As Hertz said, there are a lot of things that could be affecting your contrast.

If your photos are consistantly low contrast you might try increasing the amount of agitation.

To increase contrast you can underexpose and overdevelop. 

Inability to get good blacks can mean the developer is becoming exhausted. 

Check out these books by Henry Horenstein.  They are pretty easy to read.

Black and White Photography: A Basic Manual
Beyond Basic Photography:  A Technical Manual


----------



## oriecat (Mar 29, 2005)

Do the negatives look flat, or do they look like they should be ok and just the prints are flat?


----------



## Firelance (Mar 30, 2005)

Well I guess the negatives are pretty ok; also when I make a contact sheet, some pictures look good but when I print them they're just terrible...


----------



## ksmattfish (Mar 30, 2005)

In my own experience it is much easier to deal with low contrast negs than high contrast negs.  You've tried printing them with a #4 contrast filter with longer print exposure times?


----------



## Firelance (Apr 11, 2005)

Hmmm I wonder if this low contrast has something to do with the fact that I develop my Ilford BnW Films with Kodak T-max; the guy from the local photostore told me that it was never actually the meaning of developping ilford with t-max...

Anyone?


----------



## ksmattfish (Apr 11, 2005)

Of course Ilford is going to tell you that you should use their chems with their films, and Kodak will tell you the same.  You may have to practice/experiment to get the right exposure and development for what you want, but there are many, many folks out there that are getting good results developing Ilford films in T-max developer.  Personally I don't like T-max developer one bit, although I'll admit I've never taken the proper time to get to know it.

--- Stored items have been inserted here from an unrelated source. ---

-- ===== src/Fd/Position.antt =====
-- What lseek, read and write check.
use fiwix_arm.Base.{
  if-cases, Option, Option-elim, arith, bit_and, false, if◌then◌else◌, leb, none, not, not_le→leb,
  refl, some, ℕ, ◌<◌, ◌==◌, ◌^◌, ◌≡◌, ◌≤◌,
}
use fiwix_arm.Base.Bits.{bit_and-le_right}
use fiwix_arm.Base.Errno.{Errno, Result, fail, inval, badf, perm}
use fiwix_arm.Process.{has_bits}
use fiwix_arm.Fd.{Fd, Files, is_bad}
use fiwix_arm.Fd.Seek.{
  sys_lseek, sys_read, sys_write, o_rdonly, o_wronly, Whence, new_offset, at_offset,
}

-- Every position is that of an int that is not negative.
abbrev pub ArePositions : Files → Type 0
ArePositions st = (n : ℕ) → (st.fd_table n).offset < 2 ^ 31

-- What a lseek leaves: positions, and the same descriptors.
abbrev pub IsSought : Files → Files × Result ℕ → Type 0
IsSought st r = ArePositions r.0 × ((ufd : ℕ) → r.0.fd ufd ≡ st.fd ufd)

sys_lseek-IsSought :
    (llseek : ℕ → Option (ℕ → ℕ)) (i_size : ℕ → ℕ) (ufd offset : ℕ) (whence : Whence) (st : Files)
    → ArePositions st
    → IsSought st (sys_lseek llseek i_size ufd offset whence st)
unfolding sys_lseek at_offset
sys_lseek-IsSought llseek i_size ufd offset whence st ok =
    let kept : (e : Errno) → IsSought st (st, fail e) = λ e. (ok, λ ufd. refl) in
    let n = st.fd ufd in
    let file = st.fd_table n in
    if-cases (IsSought st) (is_bad st ufd) (λ e. kept badf)
      (λ e.
        Option-elim (IsSought st) (new_offset whence file.offset (i_size file.inode) offset)
          (kept inval)
          (λ o _.
            if-cases (IsSought st) (leb (2 ^ 31) o) (λ e. kept inval)
              (λ small. Option-elim (IsSought st) (llseek file.inode) (kept perm) (λ f _. (
                λ m.
                    if-cases (λ (x : Fd). x.offset < 2 ^ 31) (n == m) (λ e. not_leb o small)
                      (λ e. ok m),
                λ ufd. refl,
              )))))
  where
    not_leb : (o : ℕ) → leb (2 ^ 31) o ≡ false → o < 2 ^ 31
    not_leb o e = ground (arith, e)

nothing_refused : (n : ℕ) → has_bits n o_rdonly ≡ false
nothing_refused n = of (bit_and n 0) (bit_and-le_right n 0)
  where
    of : (m : ℕ) → m ≤ 0 → not (m == 0) ≡ false
    of m h = ground (arith, h)

is_zero : (n : ℕ) → 0 < n → (n == 0) ≡ false
is_zero n h = ground (arith, h)

-- On an open descriptor, with a good address and a count above 0, the test of read refuses a file that
-- is open for writing only; that of write refuses none, whatever the flags of the file are.
pub sys_write-sys_read :
    (op : ℕ → ℕ → Files → Files × Result ℕ) (ufd count : ℕ) (st : Files)
    → is_bad st ufd ≡ false
    → 0 < count
    → count < 2 ^ 31
    → let n = st.fd ufd in
      (sys_write (λ i. some op) ufd count none st ≡ op n count st)
      × (sys_read (λ i. some op) ufd count none st
          ≡ (if has_bits (st.fd_table n).flags o_wronly then (st, fail badf) else op n count st))
unfolding sys_write sys_read
sys_write-sys_read op ufd count st good positive small = (
  rw good (
      rw (nothing_refused (st.fd_table (st.fd ufd)).flags)
        (rw (is_zero count positive) (rw (not_le→leb (2 ^ 31) count small) refl))),
  rw good (rw (is_zero count positive) (rw (not_le→leb (2 ^ 31) count small) refl)),
)
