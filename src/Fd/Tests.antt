-- ===== src/Fd/Tests.antt =====
-- Runs of the calls on descriptors, and the theorems about them at a concrete process.
use fiwix_arm.Base.{[], arith, if◌then◌else◌, none, refl, some, true, ℕ, ◌==◌, ◌≡◌}
use fiwix_arm.Fd.{
  sys_close, open_max, mfile, fail, done, sys_dup2, sys_dup, Store, update, Fd, Files,
}
use fiwix_arm.Fd.Seek.{sys_lseek, sys_read, sys_write, seek_set, seek_end}
use fiwix_arm.Fd.Position.{sys_write-sys_read}
use fiwix_arm.Base.Errno.{Result, inval, badf}
use fiwix_arm.Process.{has_bits}
use fiwix_arm.Fd.Counts.{eq01, refs-none, refs-update, IsCounted, refs}
use fiwix_arm.Fd.Close.{Shut, sys_close-Shut}
use fiwix_arm.Fd.Keep.{Duped, sys_dup-Duped}
use fiwix_arm.Lock.{Flocks}
use native.Mathlib.Decide.{ℕ_discrete}

-- Descriptor 0 is entry 3, which another process has open too; descriptor 256 is past the array.
abbrev shared : Fd
shared = record { inode = 70; flags = 2; count = 2; offset = 0; private_data = 0 }

abbrev unused : Fd
unused = record { inode = 0; flags = 0; count = 0; offset = 0; private_data = 0 }

abbrev files : Files
files = record {
  fd_table = update (λ n. unused) 3 shared;
  fd = update (λ n. 0) 0 3;
  fd_flags = λ n. 0;
}

abbrev others : Store ℕ
others n = if 3 == n then 1 else 0

abbrev no_locks : Flocks
no_locks = record { flock_file_table = []; nr_flocks = 0 }

files-IsCounted : IsCounted others files
files-IsCounted n ne =
    let one = refs-update open_max (λ j. 0) 0 3 n (omega arith) in
    let empty = refs-none open_max n ne in
    let zero_now : eq01 0 n ≡ 0 = ground (arith, ne) in
    let counts : refs open_max files.fd n ≡ eq01 3 n = omega (arith, one, empty, zero_now) in
    elim (ℕ_discrete 3 n) [ yes e ↦ ground (arith, e, counts) | no d ↦ ground (arith, d, counts) ]

dup_example_run : (sys_dup 20 0 files).1 ≡ done 1
unfolding sys_dup fiwix_arm.Base.Search.first_index
dup_example_run = refl

-- Above the limit `dup2` closes the descriptor, and then fails.
abbrev limited : Files
limited = record files { fd = update files.fd 30 3 }

dup2_closes :
    let (c, r) = sys_dup2 (λ i. true) 9 20 0 30 limited no_locks in
    (r ≡ fail mfile) × (c.files.fd 30 ≡ 0)
unfolding sys_dup2 fiwix_arm.Base.Search.first_index
dup2_closes = (refl, refl)

-- Descriptor OPEN_MAX is not refused, and what is past the array is read: here it is not 0, so that
-- it is closed, which does nothing.
dup2_past_end : (sys_dup2 (λ i. true) 9 1000 0 256 files no_locks).1 ≡ fail mfile
unfolding sys_dup2 fiwix_arm.Base.Search.first_index
dup2_past_end = refl

sys_dup-Duped_example : Duped others 20 0 0 files (sys_dup 20 0 files)
sys_dup-Duped_example = sys_dup-Duped others 20 0 files files-IsCounted refl (omega arith)

sys_close-Shut_example :
    Shut others (λ i. true) 9 0 files no_locks (sys_close (λ i. true) 9 0 files no_locks)
sys_close-Shut_example =
    sys_close-Shut others (λ i. true) 9 0 files no_locks files-IsCounted refl (omega arith)

-- The file of descriptor 0 with other flags, and an operation that transfers all.
abbrev with_flags : ℕ → Files
with_flags flags = record files {
  fd_table = update files.fd_table 3 (record shared { flags = flags });
}

abbrev all_of : ℕ → ℕ → Files → Files × Result ℕ
all_of n count st = (st, done count)

-- A seek before the start is refused, one behind the end is not.
before_start :
    (sys_lseek (λ i. some (λ o. o)) (λ i. 100) 0 4294967295 seek_set files).1 ≡ fail inval
unfolding sys_lseek
before_start = refl

behind_end : (sys_lseek (λ i. some (λ o. o)) (λ i. 100) 0 5 seek_end files).1 ≡ done 105
unfolding sys_lseek
behind_end = refl

sys_write-sys_read_example :
    (sys_write (λ i. some all_of) 0 8 none (with_flags 0) ≡ (with_flags 0, done 8))
    × (sys_read (λ i. some all_of) 0 8 none (with_flags 0) ≡ (
        if has_bits ((with_flags 0).fd_table 3).flags 1
        then (with_flags 0, fail badf)
        else (with_flags 0, done 8)))
sys_write-sys_read_example =
    sys_write-sys_read all_of 0 8 (with_flags 0) refl (omega arith) (omega arith)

EDIT:  I'm telling you, get those Horenstein books I recommended, and Henry will set you on the right path.  You can get them new at Freestyle for $23 each, or a lot less used.  I see them at my local used bookstore fairly regularly going for about $6.


----------



## KevinR (Apr 11, 2005)

I am developing my tmax 400 and tri-x 400 with ilford chemicals, and they look fine. I would say it is something with the enlarger combo. What enlarger is being used, what lens, and what paper? You might even be having some issues with darkroom lights.


----------



## omalley (Apr 13, 2005)

How are you exposing? By the seat of your pants, or are you metering and then placing zones appropriately? Also, how much are you agitating during development? If neither of these are a problem, try increasing development time by 20%. 
It's not a problem with the enlarger (there's no such thing as a low-con enlarger) and it's probably not a problem with the paper either if you are using a decent VC paper. It's possible that you have a light leak in the darkroom and it's "flashing" the paper, but you can do a simple test for that by processing an unexposed piece of paper.
As for the developer I'm not sure tmax is optimal for the film you are using. Try something like ID-11 instead, or D-76 if you really want to use Kodak. I'm not sure about this, but I know that tmax was developed for use with tabular-grain films and I'm not sure what its makeup is. If it has too much solvent it could be making your negatives soft. 
Lastly, you could simply need to calibrate your meter. This is kind of time consuming, but you can do it yourself if you take the time.
Good luck.


----------



## KevinR (Apr 14, 2005)

omalley said:
			
		

> How are you exposing? By the seat of your pants, or are you metering and then placing zones appropriately? Also, how much are you agitating during development? If neither of these are a problem, try increasing development time by 20%.
> It's not a problem with the enlarger (there's no such thing as a low-con enlarger) and it's probably not a problem with the paper either if you are using a decent VC paper. It's possible that you have a light leak in the darkroom and it's "flashing" the paper, but you can do a simple test for that by processing an unexposed piece of paper.
> As for the developer I'm not sure tmax is optimal for the film you are using. Try something like ID-11 instead, or D-76 if you really want to use Kodak. I'm not sure about this, but I know that tmax was developed for use with tabular-grain films and I'm not sure what its makeup is. If it has too much solvent it could be making your negatives soft.
> Lastly, you could simply need to calibrate your meter. This is kind of time consuming, but you can do it yourself if you take the time.
> Good luck.



There is if you have a big dust problem such as dirty lens or condenser or filters. Maybe a light leak in the bellows of a 23C for example. I was just trying to cover all of the bases.


----------